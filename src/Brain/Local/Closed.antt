-- ===== src/Brain/Local/Closed.antt =====
-- brain_local.go of brainlocal: the memory of a local brain behind a shutdown.
use rmodel.Brain.{Brain}
use rmodel.Brain.Context.{context_exist_memory, context_get_memory, context_set_memory}
use rmodel.Brain.Invariant.{IsBrain}
use rmodel.Brain.Invariant.Start.{shutdown-IsStopped}
use rmodel.Brain.Local.{
  IsCache, LocalMemory, Ristretto, local_close_memory, local_ensure_memory_init, local_exist_memory,
  local_get_memory, local_memory, local_set_memory, set_pairs,
}
use rmodel.Brain.Power.{on_memory, shutdown}
use rmodel.Brain.Step.{returned}
use rmodel.Core.{Any, nil_value}
use rmodel.Shared.{
  Bool, List, String, [], ap, false, length, nat_eq, none, option_map, refl, some, true, ◌%◌, ◌∙◌,
  ◌∷◌, ◌≡◌,
}

module _ {C : Type 0} ⦃lib : Ristretto C⦄ (laws : IsCache lib) where
  -- The cache is there, and closed.
  abbrev HasClosed : LocalMemory C → Type 0
  HasClosed m = (c : C) × (m.cache ≡ some c) × (laws.is_closed c ≡ true)

  set_pairs-closed :
      (kvs : List Any) (c : C) → laws.is_closed c ≡ true → laws.is_closed (set_pairs kvs c) ≡ true
  unfolding set_pairs
  set_pairs-closed [] c h = h
  set_pairs-closed (a ∷ []) c h = h
  set_pairs-closed (a ∷ x ∷ rest) c h =
      set_pairs-closed rest (lib.set a x c) (laws.set_closed c a x h)

  closed_found :
      (m : LocalMemory C) (k : Any)
      → HasClosed m
      → (local_get_memory m k ≡ nil_value) × (local_exist_memory m k ≡ false)
  unfolding local_get_memory local_exist_memory
  closed_found m k (c, e, h) =
      simp (local_get_memory, local_exist_memory, e, laws.get_closed c k h) (refl, refl)

  closed_kept : (m : LocalMemory C) → HasClosed m → local_ensure_memory_init m ≡ (m, none)
  unfolding local_ensure_memory_init
  closed_kept m (c, e, h) = simp (local_ensure_memory_init, e) refl

  closed_set :
      (kvs : List Any) (m : LocalMemory C)
      → nat_eq (length kvs % 2) 0 ≡ true
      → HasClosed m
      → (m' : LocalMemory C) × (local_set_memory kvs m ≡ returned none m') × HasClosed m'
  unfolding local_set_memory
  closed_set kvs m even (c, e, h) = (
    record m { cache = some (lib.wait_writes (set_pairs kvs c)) },
    simp (local_set_memory, even, e) refl,
    (
      lib.wait_writes (set_pairs kvs c),
      refl,
      laws.wait_closed (set_pairs kvs c) (set_pairs-closed kvs c h),
    ),
  )

  -- `Shutdown` of an awake local brain whose memory was in use leaves a memory that is dead for
  -- good: the next start keeps it, `SetMemory` of any pairs returns no error, and no key is found
  -- behind it.
  pub shutdown-HasClosed :
      (ids : String → Bool) (b : Brain (LocalMemory C)) (c : C) (kvs : List Any) (k : Any)
      → IsBrain ids b
      → b.memory.cache ≡ some c
      → nat_eq (length kvs % 2) 0 ≡ true
      → (b' b'' : Brain (LocalMemory C)) × (shutdown b ≡ returned tt b')
        × (local_ensure_memory_init b'.memory ≡ (b'.memory, none))
        × (context_set_memory kvs b' ≡ returned none b'')
        × (context_get_memory k b'' ≡ nil_value)
        × (context_exist_memory k b'' ≡ false)
  unfolding local_memory local_close_memory context_set_memory on_memory context_get_memory
      context_exist_memory
  shutdown-HasClosed ids b c kvs k w e even =
      let (b', r, v, bc, nc, ls, ns, ms, qs) =
        shutdown-IsStopped ids b (local_close_memory b.memory) w refl in
      let h : HasClosed b'.memory = (
        lib.close_cache c,
        ap (λ m. m.cache) ms ∙ ap (option_map lib.close_cache) e,
        laws.close_closed c,
      ) in
      let (m, s, h') = closed_set kvs b'.memory even h in
      (
        b',
        record b' { memory = m },
        r,
        closed_kept b'.memory h,
        simp (context_set_memory, on_memory, s) refl,
        (closed_found m k h').0,
        (closed_found m k h').1,
      )
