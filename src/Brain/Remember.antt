-- ===== src/Brain/Remember.antt =====
-- brain_local.go of brainlocal: `EntryWithMemory`, for every memory that keeps two promises.
use rmodel.Brain.{Brain, Memory, is_chan_len}
use rmodel.Brain.Context.{context_set_memory, entry_with_memory}
use rmodel.Brain.Ensures.{Safe}
use rmodel.Brain.Invariant.{IsBrain}
use rmodel.Brain.Invariant.Start.{IsStopped, trig_ids-IsBrain}
use rmodel.Brain.Life.{entry, entry_ids, trig_ids}
use rmodel.Brain.Power.{on_memory}
use rmodel.Brain.Step.{Step, blocked, panicked, pure, returned}
use rmodel.Core.{Any}
use rmodel.Errors.{Error}
use rmodel.Shared.{
  Bool, List, Option, String, [], if◌then◌else◌, inl, inr, is_some, none, refl, some, true, ◌∷◌,
  ◌≡◌, ◌⊎◌,
}

-- What a brain relies on in its memory: a call of `SetMemory` returns, and one without an error
-- leaves the memory initialised.
pub record IsMemory {M : Type 0} (mem : Memory M) : Type 0 where
  pub set_returns :
      (kvs : List Any) (m : M)
      → (failure : Option Error) × (m' : M) × (mem.set_memory kvs m ≡ returned failure m')
        × (failure ≡ none → mem.ensure_init m' ≡ (m', none))

-- A brain that is shut down or awake, and well formed either way.
abbrev pub IsSound : {M : Type 0} → (String → Bool) → Brain M → Type 0
IsSound ids b = IsStopped ids b ⊎ IsBrain ids b

module _ {M : Type 0} ⦃mem : Memory M⦄ (ids : String → Bool) where
  IsSound-memory : (b : Brain M) (m : M) → IsSound ids b → IsSound ids (record b { memory = m })
  IsSound-memory b m (inl v) = inl (record { wired = v.wired; stopped = v.stopped })
  IsSound-memory b m (inr v) = inr (record {
    wired = v.wired;
    awake = v.awake;
    sized = v.sized;
    b_open = v.b_open;
    n_open = v.n_open;
  })

  Safe-IsSound : {A : Type 0} (x : Step (Brain M) A) → Safe (IsBrain ids) x → Safe (IsSound ids) x
  Safe-IsSound (returned a s) w = inr w
  Safe-IsSound (blocked s) w = inr w
  Safe-IsSound (panicked s) w = w

  entry-IsSound :
      (b : Brain M)
      → mem.ensure_init b.memory ≡ (b.memory, none)
      → is_chan_len b.n_queue_len ≡ true
      → IsSound ids b
      → Safe (IsSound ids) (entry b)
  unfolding entry
  entry-IsSound b e fits w = by_ids (entry_ids b.links)
    where
      by_ids : (ks : List String) → Safe (IsSound ids) (trig_ids ks b)
      by_ids [] = w
      by_ids (k ∷ ks) =
          Safe-IsSound (trig_ids (k ∷ ks) b) (trig_ids-IsBrain ids k ks b b.memory e fits w)

  -- `EntryWithMemory` does not panic, on a brain that is shut down or awake and whose workers' channel
  -- has a length that a channel can have, over any memory that keeps its promises, and the brain is well formed after it, whether setting the memory fails or not.
  pub entry_with_memory-IsSound :
      (laws : IsMemory mem) (kvs : List Any) (b : Brain M)
      → is_chan_len b.n_queue_len ≡ true
      → IsSound ids b
      → Safe (IsSound ids) (entry_with_memory kvs b)
  unfolding entry_with_memory context_set_memory on_memory
  entry_with_memory-IsSound laws kvs b fits w =
      let (failure, m', e, k) = laws.set_returns kvs b.memory in
      simp (entry_with_memory, context_set_memory, on_memory, e) (by_failure failure m' k)
    where
      by_failure :
          (failure : Option Error) (m' : M)
          → (failure ≡ none → mem.ensure_init m' ≡ (m', none))
          → Safe
              (IsSound ids)
              ((if is_some failure then pure failure else entry) (record b { memory = m' }))
      by_failure (some e) m' k = IsSound-memory b m' w
      by_failure none m' k =
          entry-IsSound (record b { memory = m' }) (k refl) fits (IsSound-memory b m' w)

Work to be completed:
For the lines above, output exactly those from the line containing "Safe-IsSound (trig_ids (k" through the line containing "let (failure, m', e, k)", and skip the others.

Worked solution:
          Safe-IsSound (trig_ids (k ∷ ks) b) (trig_ids-IsBrain ids k ks b b.memory e fits w)

  -- `EntryWithMemory` does not panic, on a brain that is shut down or awake and whose workers' channel
  -- has a length that a channel can have, over any memory that keeps its promises, and the brain is well formed after it, whether setting the memory fails or not.
  pub entry_with_memory-IsSound :
      (laws : IsMemory mem) (kvs : List Any) (b : Brain M)
      → is_chan_len b.n_queue_len ≡ true
      → IsSound ids b
      → Safe (IsSound ids) (entry_with_memory kvs b)
  unfolding entry_with_memory context_set_memory on_memory
  entry_with_memory-IsSound laws kvs b fits w =
      let (failure, m', e, k) = laws.set_returns kvs b.memory in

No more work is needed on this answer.